Tito Drago
MADRID, Dec 21 2005 (IPS) – Spain has joined in a growing worldwide trend by adopting strict new legislation that will ban smoking in the workplace and other enclosed public spaces as of Jan. 1, while requiring bars and restaurants to offer non-smoking sections.
A survey carried out by the Centre for Sociological Research (CIS), a government agency, shortly after the Dec. 15 passage of the new law showed that 25.8 percent of respondents identified themselves as smokers, while another 26.7 percent said they had been regular smokers at some time in the past. Other studies have estimated the proportion of smokers in Spain at just over 30 percent of the population.
Nevertheless, 77.2 percent of the people interviewed in the CIS survey said they approved of the ban on smoking in the workplace, while approval jumped to 94.1 percent for the prohibition on smoking in hospitals, schools, government offices and enclosed sports and cultural venues.
Less than five percent of respondents expressed opposition to the new measures.
The most heated discussion in parliament involved a proposal put forward by the opposition right-wing Popular Party (PP), which pushed for the legislation to include state funding of medical treatment for people who want to quit smoking a provision that failed to gain majority support among the legislators.
Government financing for programmes to help smokers kick the habit had been strongly advocated by members of the medical community, including Dr. José Luis Álvarez-Sala, a medical school professor and head of the Pneumology Unit at the San Carlos Clinical Hospital in Madrid, as well as the president of the Spanish Society of Pneumology and Thoracic Surgery.
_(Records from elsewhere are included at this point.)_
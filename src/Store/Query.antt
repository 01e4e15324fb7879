-- ===== src/Store/Query.antt =====
-- internal/store/postgres/query.go: the two reads, and the replay of a dead task.
use rc_pangjiahui.Prelude.{
  ℕ, ◌+◌, String, Bool, not, ◌&&◌, Option, none, some, [], ◌∷◌, ◌=ₛ◌, if◌then◌else◌, update_where,
  find_where,
}
use rc_pangjiahui.Notification.Model.{
  Time, pending, dead, same_status, Task, empty_task, empty_snapshot, Payload,
}
use rc_pangjiahui.Store.Tables.{
  TaskRow, EventRow, Db, not_found, task_not_found, other, Fallible, ok, err, Reply, reply, has_key,
  insert_event,
}

-- The columns that GetByCallerAndKey selects; all other fields stay empty.
abbrev pub key_view : TaskRow → Task
key_view r = record (empty_task r.status) {
  id = r.id;
  caller_id = r.caller_id;
  idempotency_key = r.idempotency_key;
  request_hash = r.request_hash;
  attempt_count = r.attempt_count;
  generation = r.generation;
  created_at = r.created_at;
  updated_at = r.updated_at;
}

unfoldable pub get_by_caller_and_key : Bool → String → String → Db → Fallible Task
get_by_caller_and_key up caller key db =
    if not up
    then err (other "get notification")
    else elim (find_where (has_key caller key) db.tasks) [
      | none ↦ err not_found
      | some r ↦ ok (key_view r)
    ]

-- COALESCE(c, default)
abbrev pub coalesce {ℓ} : {A : Type ℓ} → Option A → A → A
coalesce none d = d
coalesce (some a) d = a

-- The columns that GetForCaller selects.
abbrev pub caller_view : TaskRow → Task
caller_view r = record (empty_task r.status) {
  id = r.id;
  caller_id = r.caller_id;
  snapshot = record empty_snapshot { destination_id = r.request.destination_id };
  attempt_count = r.attempt_count;
  next_attempt_at = r.next_attempt_at;
  last_http_status = coalesce r.last_http_status 0;
  last_error_code = coalesce r.last_error_code "";
  last_error = coalesce r.last_error_message "";
  created_at = r.created_at;
  updated_at = r.updated_at;
  delivered_at = r.delivered_at;
  dead_at = r.dead_at;
}

abbrev pub is_owned : String → String → TaskRow → Bool
is_owned id caller r = r.id =ₛ id && r.caller_id =ₛ caller

unfoldable pub get_for_caller : Bool → String → String → Db → Fallible Task
get_for_caller up caller id db =
    if not up
    then err (other "get notification for caller")
    else elim (find_where (is_owned id caller) db.tasks) [
      | none ↦ err task_not_found
      | some r ↦ ok (caller_view r)
    ]

abbrev pub is_dead : String → TaskRow → Bool
is_dead id r = r.id =ₛ id && same_status r.status dead

-- The row that the UPDATE of a replay writes.
abbrev pub replay_row : Time → TaskRow → TaskRow
replay_row now r = record r {
  status = pending;
  generation = r.generation + 1;
  next_attempt_at = none;
  lease_token = none;
  lease_until = none;
  dead_at = none;
  updated_at = now;
}

-- An event that asks for a delivery of the task in the given generation.
abbrev pub ready_event : String → String → ℕ → Payload → Time → EventRow
ready_event event_id id generation payload now = record {
  id = event_id;
  aggregate_id = id;
  generation = generation;
  event_type = "notification.ready";
  payload = payload;
  created_at = now;
  published_at = none;
  claim_token = none;
  claim_until = none;
  publish_attempts = 0;
}

-- What the server makes of each part of a transaction.
pub record TxCalls : Type 0 where
  pub begin_up : Bool
  pub update_up : Bool
  pub insert_up : Bool
  pub commit : Reply

-- The statements of the replay inside its transaction. The result is whether a row was dead.
unfoldable pub replay_body : TxCalls → String → Time → String → Db → Db × Fallible Bool
replay_body calls id now event_id db =
    if not calls.update_up
    then (db, err (other "update replay task"))
    else elim (find_where (is_dead id) db.tasks) [
      | none ↦ (db, ok Bool.false)
      | some r ↦
          let updated = record db { tasks = update_where (is_dead id) (replay_row now) db.tasks } in
          let event =
            ready_event event_id id (r.generation + 1) (("notification_id", id) ∷ []) now in
          let (db', error) = insert_event calls.insert_up event updated in
          elim error [
            | none ↦ (db', ok Bool.true)
            | some e ↦ (db, err (other "insert replay outbox"))
          ]
    ]

-- ReplayDeadAtomic. With no dead row it returns before the commit.
unfoldable pub replay_dead_atomic : TxCalls → String → Time → String → Db → Db × Fallible Bool
unfolding replay_body
replay_dead_atomic calls id now event_id db =
    if not calls.begin_up
    then (db, err (other "begin replay"))
    else let (db', result) = replay_body calls id now event_id db in
      elim result [
        | err e ↦ (db, err e)
        | ok applied ↦
            if not applied
            then (db, ok applied)
            else reply calls.commit "commit replay" db (db', applied)
      ]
Álvarez-Sala stressed that smokers make a significant contribution to the state coffers, since roughly 60 percent of the price of a pack of cigarettes corresponds to taxes.
He also sardonically commented that because smokers die at a younger average age than non-smokers, they collect considerably less from government pension funds.
In addition, he pointed out that the World Health Organisation (WHO) views tobacco dependence as a disease that must be prevented and treated, because it causes many complications, shortens life expectancy and poses a high risk of mortality, while over 60 percent of smokers develop serious illnesses.
Some professional organisations have already adopted measures to assume responsibility for this funding themselves. As soon as the new law was approved, the Spanish General Council of Dentists resolved to pay for treatment for any of its 20,000 members 25 percent of whom are smokers who want to give up the habit.
Smokers who violate the ban on smoking in the workplace will be fined 30 euros (close to 40 dollars) for the first infraction and up to 600 euros (around 770 dollars) for repeat offenders. However, in the case of companies that allow workers to continue engaging in this now illegal conduct, the employers can be hit with fines of up to 10,000 euros (some 13,000 dollars).
Committees made up of representatives of both workers and employers will be established in workplaces to monitor compliance with the new legislation as of Jan. 1. Similar committees already exist to address issues like alcoholism, sexual harassment and other forms of workplace abuse.
While smoking will be completely prohibited in workplaces, hospitals, schools and enclosed public spaces like recreation and cultural centres, bars and restaurants over 100 square metres in size will have eight months to create smoking and non-smoking sections, with the former occupying no more than 30 percent of the total area. Smaller establishments will have to decide on whether to allow smoking or become completely smoke-free.
Hotel, bar and restaurant owners have been generally supportive of the law, although they consider it somewhat hasty, since the measure will need to be implemented within a relatively short deadline and will cost the sector an estimated 1.6 billion euros (some two billion dollars) in all, they maintain.
The tobacco companies reacted to the impending anti-smoking legislation by waging major advertising campaigns aimed at capturing new customers and slashing the prices of some cigarettes by almost half. This year they have already managed to increase the market for low-priced Virginia tobacco cigarettes, sales of which have risen by around 50 percent.
Spanish Health Minister Elena Salgado observed that this powerful industry, alarmed by the imminent implementation of the new law, wants to get as many young people hooked on smoking as possible, and that this was the motive behind the price cuts and increased advertising.
For its part, the National Committee to Prevent Smoking, headed by Rodrigo Córdoba, publicly called on the government to triple or quadruple the taxes paid by companies that sell and distribute tobacco products.
Córdoba said that this would be a means of fighting back against a major factor in the spread of the smoking epidemic, namely low cigarette prices.